Data to use below:

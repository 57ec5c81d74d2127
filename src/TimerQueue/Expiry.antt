-- ===== src/TimerQueue/Expiry.antt =====
-- The expiry of timers. `getExpired` takes expired timers out of one of the two sets only.
use epoll.Base.{
  ℕ, ◌+◌, ◌≡◌, ◌<◌, refl, sym, ◌∙◌, ◌⊎◌, inl, inr, Bool, true, false, ◌&&◌, [], ◌∷◌, Option, none,
  some, if◌then◌else◌, Bool-cases, Option-cases, is_some, length, Result, ok, err, assertion, arith,
}
use epoll.TimerQueue.{
  Pairs, contains, remove, before, from, Timer, TimerQueue, is_before_first, drop_active,
  max_address, get_expired, run_expired, handle_read,
}
use epoll.TimerQueue.InStep.{runs_at, InStep, timer_lem}
use epoll.TimerQueue.Sets.{length-remove}

-- Every entry is of an allocated timer.
is_allocated : Pairs → TimerQueue → Bool
is_allocated [] q = true
is_allocated (entry ∷ s) q = is_some (q.heap entry.1) && is_allocated s q

allocated_of :
    (s : Pairs) (q : TimerQueue)
    → ((when a : ℕ) → contains (when, a) s ≡ true → is_some (q.heap a) ≡ true)
    → is_allocated s q ≡ true
unfolding is_allocated contains
allocated_of [] q h = refl
allocated_of (entry ∷ s) q h = ground (
  arith,
  h entry.0 entry.1 (ground arith),
  allocated_of s q (λ when a c. h when a (ground (arith, c))),
)

before-is_allocated :
    (x : ℕ × ℕ) (s : Pairs) (q : TimerQueue)
    → is_allocated s q ≡ true
    → is_allocated (before x s) q ≡ true
unfolding is_allocated before
before-is_allocated x [] q h = refl
before-is_allocated x (entry ∷ s) q h = ground (arith, before-is_allocated x s q)

-- Either an assert fails, or as many entries leave the active set as have expired.
drop_active_lem :
    (expired active : Pairs) (q : TimerQueue)
    → is_allocated expired q ≡ true
    → (drop_active q expired active ≡ err assertion)
      ⊎ ((left : Pairs) × (drop_active q expired active ≡ ok left)
          × (length left + length expired ≡ length active))
unfolding drop_active is_allocated
drop_active_lem [] active q h = inr (active, refl, omega arith)
drop_active_lem (entry ∷ expired) active q h = elim (Option-cases (q.heap entry.1)) [
  | inl lost ↦ absurd (ground (arith, h, lost))
  | inr (t, here) ↦ elim (Bool-cases (contains (entry.1, t.sequence) active)) [
    | inr missing ↦ inl (rw (timer_lem entry.1 t q here, missing) refl)
    | inl listed ↦
        let one = length-remove (entry.1, t.sequence) active listed in
        let fewer = remove (entry.1, t.sequence) active in
        elim (drop_active_lem expired fewer q (ground (arith, h, here))) [
          | inl e ↦ inl (rw (timer_lem entry.1 t q here, listed) e)
          | inr (left, e, count) ↦
              inr (left, rw (timer_lem entry.1 t q here, listed) e, omega (arith, one, count))
        ]
  ]
]

runs_allocated :
    (o : Option Timer) (a when : ℕ) (active : Pairs)
    → runs_at o a when active ≡ true
    → is_some o ≡ true
unfolding runs_at
runs_allocated none a when active h = cc
runs_allocated (some t) a when active h = refl

InStep-is_allocated : (q : TimerQueue) → InStep q → is_allocated q.timers q ≡ true
InStep-is_allocated q v =
    allocated_of q.timers q
      (λ when a c. runs_allocated (q.heap a) a when q.active_timers (sym (v.member_lem when a) ∙ c))

some_expired :
    (now : ℕ) (s : Pairs)
    → is_before_first now s ≡ false
    → ((when a : ℕ) → contains (when, a) s ≡ true → a < max_address)
    → 0 < length (before (now, max_address) s)
unfolding before contains
some_expired now [] late low = cc
some_expired now (y ∷ s) late low = ground (arith, late, low y.0 y.1 (ground arith))

none_expired :
    (now : ℕ) (s : Pairs)
    → is_before_first now s ≡ true
    → (before (now, max_address) s ≡ []) × (from (now, max_address) s ≡ s)
unfolding before from
none_expired now [] early = (refl, refl)
none_expired now (y ∷ s) early = (ground (arith, early), ground (arith, early))

get_expired_due :
    (now : ℕ) (q : TimerQueue)
    → InStep q
    → is_before_first now q.timers ≡ false
    → ((when a : ℕ) → contains (when, a) q.timers ≡ true → a < max_address)
    → get_expired now q ≡ err assertion
unfolding get_expired
get_expired_due now q v late low =
    let expired = before (now, max_address) q.timers in
    let due = some_expired now q.timers late low in
    let allocated = before-is_allocated (now, max_address) q.timers q (InStep-is_allocated q v) in
    elim (Bool-cases (is_before_first now (from (now, max_address) q.timers))) [
      | inr wrong ↦ rw wrong (ground (arith, v.size_lem))
      | inl right ↦ elim (drop_active_lem expired q.active_timers q allocated) [
        | inl e ↦ rw (right, e) (ground (arith, v.size_lem))
        | inr (left, e, count) ↦ rw (right, e) (ground (arith, v.size_lem, count, due))
      ]
    ]

get_expired_early :
    (now : ℕ) (q : TimerQueue)
    → InStep q
    → is_before_first now q.timers ≡ true
    → get_expired now q ≡ ok ([], q)
unfolding get_expired drop_active
get_expired_early now q v early =
    let (nothing, all) = none_expired now q.timers early in
    rw (nothing, all, early) (ground (arith, v.size_lem))

-- With the sets in step, and timers below the last address, `handleRead` runs no callback at any
-- time: before the first expiration it only clears the cancelled timers, and from then on it faults,
-- as `getExpired` takes the expired timers out of `_activeTimers` and leaves them in `_timers`.
pub handle_read_lem :
    (run : Timer → TimerQueue → Result TimerQueue) (now : ℕ) (q : TimerQueue)
    → InStep q
    → ((when a : ℕ) → contains (when, a) q.timers ≡ true → a < max_address)
    → handle_read run true now q ≡ (
        if is_before_first now q.timers
        then ok (record q { calling_expired_timers = false; canceling_timers = [] })
        else err assertion)
unfolding handle_read run_expired
handle_read_lem run now q v low = elim (Bool-cases (is_before_first now q.timers)) [
  | inl early ↦ rw (get_expired_early now q v early, early) refl
  | inr late ↦ rw (get_expired_due now q v late low, late) refl
]
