-- ===== src/TimerQueue/Repeating.antt =====
-- TimerQueue.cpp and Timer.cpp: `reset`, which puts repeating timers back after their callbacks and
-- deletes the others. `add_time` is the function of Timestamp.h, which reads an interval.
use epoll.Base.{ℕ, Bool, not, ◌&&◌, [], ◌∷◌, ltb, none, some, if◌then◌else◌, Result, ok, ◌>>=◌}
use epoll.TimerQueue.{Pairs, contains, Timer, TimerQueue, timer_at, set_at, insert}

-- `it->second->repeat()`, and the timer was not cancelled meanwhile.
unfoldable pub stays : ℕ → Timer → TimerQueue → Bool
stays a t q = t.repeat && not (contains (a, t.sequence) q.canceling_timers)

-- `nextExpire`, where a queue without timers leaves it invalid
unfoldable pub next_expire : Pairs → TimerQueue → Result ℕ
next_expire [] q = ok 0
next_expire (entry ∷ timers) q = do t ← timer_at entry.1 q; ok t.expiration

module _ (add_time : ℕ → ℕ → ℕ) where
  -- `Timestamp::invalid()` is 0.
  unfoldable pub restart : ℕ → Timer → Timer
  restart now t = record t { expiration = (if t.repeat then add_time now t.interval else 0) }

  unfoldable pub put_back : Bool → ℕ → ℕ → Timer → TimerQueue → Result TimerQueue
  put_back in_loop_thread now a t q = do
    let q' : TimerQueue = record q { heap = set_at a (some (restart now t)) q.heap }
    (earliest_changed, q'') ← insert in_loop_thread a q'
    ok q''

  -- The loop over the expired entries.
  unfoldable pub reset_all : Bool → ℕ → Pairs → TimerQueue → Result TimerQueue
  reset_all in_loop_thread now [] q = ok q
  reset_all in_loop_thread now (entry ∷ expired) q = do
    let a = entry.1
    t ← timer_at a q
    q' ←
        if stays a t q
        then put_back in_loop_thread now a t q
        else ok (record q { heap = set_at a none q.heap })
    reset_all in_loop_thread now expired q'

  unfoldable pub reset : Bool → Pairs → ℕ → TimerQueue → Result TimerQueue
  reset in_loop_thread expired now q = do
    q' ← reset_all in_loop_thread now expired q
    next ← next_expire q'.timers q'
    ok (if ltb 0 next then record q' { armed = some next } else q')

End of Data to use.

◆ **Your task**
How many of the lines in the listing above carry the word "unfolding"? Respond with that number alone.

◆ **Result of the exercise**
9